Отец Тихон отвел Стаса в сторонку и тихо, чтобы не слышали другие, сказал:
- Это теперь, пробыв несколько дней под наказанием взаперти, ты можешь хотя бы приблизительно представить, каково быть вечно в аду, без Бога! Только теперь, впервые узнав, что такое любовь, можешь хоть немного представить, как любит нас Бог! И как ты сам должен любить Его! И только теперь ты сможешь услышать меня. И я, наконец, отвечу: да, смерти нет! Так что и не надейся, - улыбнулся он, - умереть тебе не удастся, даже если бы ты и захотел. После жизни только и начнется настоящая жизнь! Но это только первая часть ответа на твой вопрос…
- А, что есть и вторая? – удивился Стас, который уже не мог прийти в себя от радости.
- Да! - отец Тихон стал объяснять ему, что жизнь – это школа вечности, и как Стас должен жить дальше…
Но тот уже почти не слышал, что говорится.
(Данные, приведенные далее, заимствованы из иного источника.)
-- ===== src/Stun/Nodes/Agree.antt =====
-- Whether the two peers, who run the choice on the same measurements with the lists exchanged,
-- choose the same node.
use bff_rtc_base.Base.{
  refl, ◌≡◌, ◌≢◌, sym, ◌∙◌, [], ◌∷◌, Bytes, bytes_eq, bytes_beq_iff, ℤ, arith, Lacks,
  rfind_byte-Lacks,
}
use mathlib.Core.Option.{some-injective}
use bff_rtc_base.Stun.Nodes.{Rtts, loss, squares, normalize_node_ip, find_best_node}
use bff_rtc_base.Stun.Nodes.Loop.{IsDistinct}
use bff_rtc_base.Stun.Nodes.Least.{IsSmall, Both, find_best_node-least}

-- No two nodes that both peers have measured have the same sum of squares.
abbrev pub NoTie : Rtts → Rtts → Type 0
NoTie rtts1 rtts2 =
    (m n : Bytes) (a b c d : ℤ)
    → Both rtts1 rtts2 m a b
    → Both rtts1 rtts2 n c d
    → squares a b ≡ squares c d
    → m ≡ n

-- A name without a colon is kept.
normalize_node_ip-Lacks : (ip : Bytes) → Lacks b':' ip → normalize_node_ip ip ≡ ip
unfolding normalize_node_ip
normalize_node_ip-Lacks ip h = rw (rfind_byte-Lacks b':' ip h, normalize_node_ip)

-- Two nodes, named without a colon, with the same loss and listed in opposite orders: each peer
-- chooses the other node.
pub find_best_node_tie :
    (x y : Bytes) (a b c d : ℤ)
    → Lacks b':' x
    → Lacks b':' y
    → x ≢ y
    → loss a b ≡ loss c d
    → let mine : Rtts = (x, a) ∷ (y, c) ∷ [] in
      let theirs : Rtts = (y, d) ∷ (x, b) ∷ [] in
      (find_best_node mine theirs ≡ y) × (find_best_node theirs mine ≡ x)
unfolding find_best_node
find_best_node_tie x y a b c d hx hy ne tie = ground (
  arith,
  normalize_node_ip-Lacks x hx,
  normalize_node_ip-Lacks y hy,
  bytes_beq_iff x y,
  bytes_beq_iff y x,
  bytes_beq_iff x x,
  bytes_beq_iff y y,
)

Both-swap :
    (rtts1 rtts2 : Rtts) (n : Bytes) (a b : ℤ) → Both rtts1 rtts2 n a b → Both rtts2 rtts1 n b a
Both-swap rtts1 rtts2 n a b m = record { own = m.other; other = m.own }

-- A peer measures a node once.
Both-same :
    (rtts1 rtts2 : Rtts) (n : Bytes) (a b c d : ℤ)
    → Both rtts1 rtts2 n a b
    → Both rtts1 rtts2 n c d
    → squares a b ≡ squares c d
Both-same rtts1 rtts2 n a b c d m m' =
    let p : a ≡ c = some-injective _ _ (sym m.own ∙ m'.own) in
    let q : b ≡ d = some-injective _ _ (sym m.other ∙ m'.other) in rw (p, q) refl

-- Without a tie both peers choose the same node, if they have one in common; no list names a node
-- twice, and no time is more than 32767 away from zero.
pub find_best_node_comm :
    (rtts1 rtts2 : Rtts) (n : Bytes) (a b : ℤ)
    → IsDistinct rtts1
    → IsDistinct rtts2
    → IsSmall rtts1
    → IsSmall rtts2
    → NoTie rtts1 rtts2
    → Both rtts1 rtts2 n a b
    → find_best_node rtts1 rtts2 ≡ find_best_node rtts2 rtts1
find_best_node_comm rtts1 rtts2 n a b d1 d2 s1 s2 tie m =
    let x = find_best_node rtts1 rtts2 in
    let y = find_best_node rtts2 rtts1 in
    let (e, f, y_back, _) =
      find_best_node-least rtts2 rtts1 n b a d1 s2 s1 (Both-swap rtts1 rtts2 n a b m) in
    let y_both = Both-swap rtts2 rtts1 y e f y_back in
    let (g, h, x_both, x_le) = find_best_node-least rtts1 rtts2 y f e d2 s1 s2 y_both in
    let (e', f', y_again, y_le) =
      find_best_node-least rtts2 rtts1 x h g d1 s2 s1 (Both-swap rtts1 rtts2 x g h x_both) in
    let same = Both-same rtts2 rtts1 y e f e' f' y_back y_again in
    tie x y g h f e x_both y_both (omega arith)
Он с трудом дослушал священника до конца и со всех ног бросился домой, где, сразу ворвавшись в кабинет отца, закричал:
- Оно есть! Есть!! Есть!!!
- Что есть? – оторвавшись от диссертации, недоуменно посмотрел на него Сергей Сергеевич.
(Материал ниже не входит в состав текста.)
-- ===== src/NodeSelector/Agree.antt =====
-- The node that two peers negotiate (NodeSelector.cpp, lines 97 to 117).
use bff_rtc_base.Base.{
  ◌≡◌, ◌≢◌, refl, sym, ap, ◌∙◌, Bool, true, false, not, ◌||◌, List, [], ◌∷◌, Option, none, some,
  Bytes, is_empty, ℤ, if-true, if-false, arith,
}
use bff_rtc_base.Signal.Config.{Config}
use bff_rtc_base.Stun.Nodes.{Rtts, find_best_node}
use bff_rtc_base.Stun.Nodes.Loop.{rtt_of, IsDistinct}
use bff_rtc_base.Stun.Nodes.Least.{IsSmall, Both}
use bff_rtc_base.Stun.Nodes.Agree.{NoTie, find_best_node_comm}
use bff_rtc_base.NodeSelector.{Selector, prefer, store_rtts, negotiate, apply_node_rtts}

-- Measurements that come in, with whether they are the own ones.
unfoldable pub apply_all : Config → List (Rtts × Bool) → Selector → Selector
unfolding apply_node_rtts
apply_all config [] s = s
apply_all config ((rtts, is_self) ∷ more) s =
    apply_all config more (apply_node_rtts config rtts is_self s)

-- Nothing is measured or chosen.
pub record IsNew (s : Selector) : Type 0 where
  pub own : s.node_rtts_self ≡ []
  pub other : s.node_rtts ≡ []
  pub chosen : s.best_node_negotiated ≡ []

some_bytes : (x : Bytes) → x ≢ [] → is_empty x ≡ false
some_bytes [] ne = absurd (ne refl)
some_bytes (c ∷ x) ne = refl

store_rtts-best :
    (rtts : Rtts) (is_self : Bool) (s : Selector)
    → (store_rtts rtts is_self s).best_node_negotiated ≡ s.best_node_negotiated
store_rtts-best rtts true s = refl
store_rtts-best rtts false s = refl

prefer-none : (server : Option Bytes) (s : Selector) → server ≡ none → prefer server s ≡ s
prefer-none server s h = ap (λ o. prefer o s) h

module _ (config : Config) (free : config.server ≡ none) where
  -- A choice stays.
  apply_node_rtts-chosen :
      (rtts : Rtts) (is_self : Bool) (s : Selector) (node : Bytes)
      → node ≢ []
      → s.best_node_negotiated ≡ node
      → (apply_node_rtts config rtts is_self s).best_node_negotiated ≡ node
  unfolding apply_node_rtts negotiate
  apply_node_rtts-chosen rtts is_self s node ne chosen =
      let stored = store_rtts rtts is_self s in
      let kept : stored.best_node_negotiated ≡ node = store_rtts-best rtts is_self s ∙ chosen in
      let is_chosen : is_empty stored.best_node_negotiated ≡ false =
        ap (λ (x : Bytes). is_empty x) kept ∙ some_bytes node ne in
      ap (λ (e : Selector). (negotiate e).best_node_negotiated)
        (prefer-none config.server stored free)
      ∙ ap (λ (e : Selector). e.best_node_negotiated)
          (if-true
            {b = not (is_empty stored.best_node_negotiated)
              || is_empty stored.node_rtts_self
              || is_empty stored.node_rtts}
            stored _ (ground arith))
      ∙ kept

  apply_all-chosen :
      (more : List (Rtts × Bool)) (s : Selector) (node : Bytes)
      → node ≢ []
      → s.best_node_negotiated ≡ node
      → (apply_all config more s).best_node_negotiated ≡ node
  unfolding apply_all
  apply_all-chosen [] s node ne chosen = chosen
  apply_all-chosen ((rtts, is_self) ∷ more) s node ne chosen =
      apply_all-chosen more (apply_node_rtts config rtts is_self s) node ne
        (apply_node_rtts-chosen rtts is_self s node ne chosen)

  -- The first two measurements, in one order or the other.
  abbrev pub both : Bool → (own other : Rtts) → Selector → Selector
  both true own other s = apply_node_rtts config other false (apply_node_rtts config own true s)
  both false own other s = apply_node_rtts config own true (apply_node_rtts config other false s)

  apply_node_rtts-stored :
      (rtts : Rtts) (is_self : Bool) (s : Selector)
      → apply_node_rtts config rtts is_self s ≡ negotiate (store_rtts rtts is_self s)
  unfolding apply_node_rtts
  apply_node_rtts-stored rtts is_self s =
      ap negotiate (prefer-none config.server (store_rtts rtts is_self s) free)

  negotiate-waits :
      (s : Selector) → (is_empty s.node_rtts_self || is_empty s.node_rtts) ≡ true → negotiate s ≡ s
  unfolding negotiate
  negotiate-waits s h =
      if-true
        {b = not (is_empty s.best_node_negotiated)
          || is_empty s.node_rtts_self
          || is_empty s.node_rtts}
        s _ (ground arith)

  negotiate-chooses :
      (s : Selector)
      → s.best_node_negotiated ≡ []
      → is_empty s.node_rtts_self ≡ false
      → is_empty s.node_rtts ≡ false
      → (negotiate s).best_node_negotiated ≡ find_best_node s.node_rtts_self s.node_rtts
  unfolding negotiate
  negotiate-chooses s chosen own other =
      let is_new : is_empty s.best_node_negotiated ≡ true = ap (λ (x : Bytes). is_empty x) chosen in
      ap (λ (e : Selector). e.best_node_negotiated)
        (if-false
          {b = not (is_empty s.best_node_negotiated)
            || is_empty s.node_rtts_self
            || is_empty s.node_rtts}
          s _ (ground arith))

  both-chooses :
      (own_first : Bool) (own other : Rtts) (s : Selector)
      → IsNew s
      → is_empty own ≡ false
      → is_empty other ≡ false
      → (both own_first own other s).best_node_negotiated ≡ find_best_node own other
  both-chooses true own other s new some_own some_other =
      let stored = store_rtts own true s in
      let first : apply_node_rtts config own true s ≡ stored =
        apply_node_rtts-stored own true s ∙ negotiate-waits stored (ground (arith, new.other)) in
      ap (λ (e : Selector). (apply_node_rtts config other false e).best_node_negotiated) first
      ∙ ap (λ (e : Selector). e.best_node_negotiated) (apply_node_rtts-stored other false stored)
      ∙ negotiate-chooses (store_rtts other false stored) new.chosen some_own some_other
  both-chooses false own other s new some_own some_other =
      let stored = store_rtts other false s in
      let first : apply_node_rtts config other false s ≡ stored =
        apply_node_rtts-stored other false s ∙ negotiate-waits stored (ground (arith, new.own)) in
      ap (λ (e : Selector). (apply_node_rtts config own true e).best_node_negotiated) first
      ∙ ap (λ (e : Selector). e.best_node_negotiated) (apply_node_rtts-stored own true stored)
      ∙ negotiate-chooses (store_rtts own true stored) new.chosen some_own some_other

measured-some : (n : Bytes) (rtts : Rtts) (a : ℤ) → rtt_of n rtts ≡ some a → is_empty rtts ≡ false
unfolding rtt_of
measured-some n [] a h = cc
measured-some n (r ∷ rtts) a h = refl

-- Two peers that get each other's measurements, each in its own order, choose the same node and keep
-- it whatever measurements come in later, unless a server is configured: there has to be a node
-- that both have measured, no two nodes with the same sum of squares, no node listed twice, no
-- time more than 32767 away from zero, and the choice must not be the empty name.
pub negotiated_agree :
    (config1 config2 : Config) (mine theirs : Rtts) (own_first1 own_first2 : Bool)
    (more1 more2 : List (Rtts × Bool)) (s1 s2 : Selector) (n : Bytes) (a b : ℤ)
    → (free1 : config1.server ≡ none) → (free2 : config2.server ≡ none) → IsNew s1
    → IsNew s2
    → IsDistinct mine
    → IsDistinct theirs
    → IsSmall mine
    → IsSmall theirs
    → NoTie mine theirs
    → Both mine theirs n a b
    → find_best_node mine theirs ≢ []
    → (apply_all config1 more1 (both config1 free1 own_first1 mine theirs s1)).best_node_negotiated
      ≡ (apply_all config2 more2
          (both config2 free2 own_first2 theirs mine s2)).best_node_negotiated
negotiated_agree config1 config2 mine theirs own_first1 own_first2 more1 more2 s1 s2 n a b free1
      free2 new1 new2 d1 d2 small1 small2 tie m ne =
    let node = find_best_node mine theirs in
    let same = find_best_node_comm mine theirs n a b d1 d2 small1 small2 tie m in
    let some_mine = measured-some n mine a m.own in
    let some_theirs = measured-some n theirs b m.other in
    let x = both-chooses config1 free1 own_first1 mine theirs s1 new1 some_mine some_theirs in
    let y = both-chooses config2 free2 own_first2 theirs mine s2 new2 some_theirs some_mine in
    apply_all-chosen config1 free1 more1 (both config1 free1 own_first1 mine theirs s1) node ne x
    ∙ sym (
        apply_all-chosen config2 free2 more2 (both config2 free2 own_first2 theirs mine s2) node ne
          (y ∙ sym same))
- Лекарство от смерти! И - бессмертие!
5
На какое-то время Стас даже потерял ощущение реальности…
На следующее утро ровно в восемь сорок пять, Макс забрался на колокольню и, дождавшись, когда Григорий Иванович махнет ему рукой, дернул за толстый трос.
- Бом-м! – радостно раздалось над Покровкой. – Бом! Бом!
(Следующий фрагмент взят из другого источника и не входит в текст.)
-- ===== src/Workflow/Plan.antt =====
-- internal/workflow/state.go and internal/workflow/signatures.go: the plan that a model proposes and
-- the three checks that it must pass before anything is edited.
pub mod Grants
pub mod Obligations
use local_engineer.Prelude.{
  Bool, true, false, not, ◌&&◌, ◌||◌, List, [], ◌∷◌, ◌++◌, Option, none, some, any, is_empty,
  if◌then◌else◌, ◌then_check◌, ◌==◌,
}
use local_engineer.GoStrings.{Text, codes, text_eq, has_prefix, trim_prefix, trim_space}
use local_engineer.GoPath.{is_abs, clean}
use local_engineer.Policy.{sensitive, covers}
use local_engineer.Firewall.{generated}
use local_engineer.Recipe.{Kind, Preset, is_generate}
use local_engineer.Graph.{Consumer, Impact}

pub record Obligation : Type 0 where
  pub symbol : Text
  pub path : Text
  pub reason : Text
  pub resolution : Text

pub record Plan : Type 0 where
  pub root_cause : Text
  pub files : List Text
  pub symbols : List Text
  pub tests : List Text
  pub contracts : List Text
  pub write_allowlist : List Text
  pub risks : List Text
  pub obligations : List Obligation
  pub regenerate : List Text

pub data PlanError : Type 0 where
  incomplete : PlanError
  invalid_grant generated_grant exceeds_scope undeclared_grant : Text → PlanError
  unknown_preset : Text → PlanError
  not_a_generator : Text → Kind → PlanError
  unresolved_obligation : Text → Text → PlanError

unfoldable pub regenerates_generated : Plan → Bool
regenerates_generated p = not (is_empty p.regenerate)

-- The first preset of that name.
unfoldable pub find_preset : Text → List Preset → Option Preset
find_preset name [] = none
find_preset name (p ∷ ps) = if text_eq p.name name then some p else find_preset name ps

check_generator : Text → Option Preset → Option PlanError
check_generator name none = some (unknown_preset name)
check_generator name (some p) =
    if is_generate p.kind then none else some (not_a_generator name p.kind)

check_generators : List Preset → List Text → Option PlanError
unfolding check_generator
check_generators presets [] = none
check_generators presets (name ∷ names) =
    check_generator name (find_preset name presets) then_check check_generators presets names

unfoldable pub validate_regeneration : Plan → List Preset → Option PlanError
unfolding check_generators
validate_regeneration p presets = check_generators presets p.regenerate

-- `strings.ContainsAny(f, "*?[\\")`.
abbrev pub has_wildcard : Text → Bool
has_wildcard f = any (λ c. any (λ d. d == c) (codes "*?[" ++ 92 ∷ [])) f

abbrev pub bad_grant : Text → Bool
bad_grant f =
    text_eq f (codes ".")
    || is_abs f
    || not (text_eq (clean f) f)
    || has_wildcard f
    || text_eq f (codes "..")
    || has_prefix f (codes "../")
    || sensitive f
    || has_prefix f (codes ".git/")

unfoldable pub check_grant : List Text → Text → Option PlanError
check_grant scope f =
    if bad_grant f
    then some (invalid_grant f)
    else if generated f
    then some (generated_grant f)
    else if not (is_empty scope) && not (covers scope f)
    then some (exceeds_scope f)
    else none

unfoldable pub check_grants : List Text → List Text → Option PlanError
check_grants scope [] = none
check_grants scope (f ∷ fs) = check_grant scope f then_check check_grants scope fs

unfoldable pub check_declared : List Text → List Text → Option PlanError
check_declared files [] = none
check_declared files (f ∷ fs) =
    (if any (λ declared. text_eq declared f) files then none else some (undeclared_grant f))
    then_check check_declared files fs

abbrev pub is_incomplete : Plan → Bool
is_incomplete p =
    is_empty (trim_space p.root_cause)
    || is_empty p.files
    || is_empty p.write_allowlist
    || is_empty p.tests

-- `Plan.Validate`.
unfoldable pub validate : Plan → List Text → Option PlanError
validate p scope =
    if is_incomplete p
    then some incomplete
    else check_grants scope (p.files ++ p.write_allowlist)
      then_check check_declared p.files p.write_allowlist

abbrev no_change : Text
no_change = codes "no change needed:"

-- Whether one obligation disposes of a consumer.
abbrev pub resolves : Plan → Consumer → Obligation → Bool
resolves p c o =
    text_eq o.path c.node.path
    && (text_eq o.symbol c.node.fqn || text_eq o.symbol c.node.name)
    && ((text_eq o.resolution (codes "edit") && covers p.write_allowlist o.path)
        || (has_prefix o.resolution no_change
            && not (is_empty (trim_space (trim_prefix o.resolution no_change)))))

unfoldable pub check_consumers : Plan → List Consumer → Option PlanError
check_consumers p [] = none
check_consumers p (c ∷ cs) =
    let rest = check_consumers p cs in
    if is_empty c.node.path || any (resolves p c) p.obligations
    then rest
    else some (unresolved_obligation c.node.fqn c.node.path)

-- `ValidateObligations`: with no impact report there is nothing to dispose of.
unfoldable pub validate_obligations : Plan → Option Impact → Option PlanError
validate_obligations p none = none
validate_obligations p (some impact) = check_consumers p impact.consumers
И затем начался такой перезвон, какого, наверное, уже лет сто не знала округа.
Так отец Тихон с прихожанами встретил архиерея с отцом благочинным. Они вышли из машины и с приятным удивлением стали осматриваться вокруг. Священник, не веря, трогал стены, дверь, окна, а старенький седой архиепископ благословлял подходящих к нему людей.
Потом началась служба.
Стас стоял в храме рядом с Ваней, Леной и папой. Здесь были все, кроме мамы, которая, как ее ни просили, так и занялась своей стиркой, дяди Андрея, лежащего в больнице, и Юрия Цезаревича. Мэр неуверенно топтался на пороге, словно успокаивая себя тем, что он, вроде, как и тут и там, а ещё и за порядком следит. Хотя за порядком и без него было кому смотреть. Начальник ОМОНа, наверное, со всем своим отрядом пожаловал на охрану храма.
Стас мало что понимал в церковной службе. Он больше озирался по сторонам и смотрел, как красиво стало вокруг. Трудно было даже поверить, что всего лишь месяц назад здесь были голые стены и одна, чудом сохранившаяся, фреска. Теперь со всех сторон на него смотрели строгие лики и ласковые глаза святых. Ярко горели свечи. Краснели перед иконами лампады. И очень красиво пел хор.
То и дело выходивший на амвон дьякон, громко возглашал молитвы, и певчие, подхватывая их окончания, пели «Господи, помилуй!».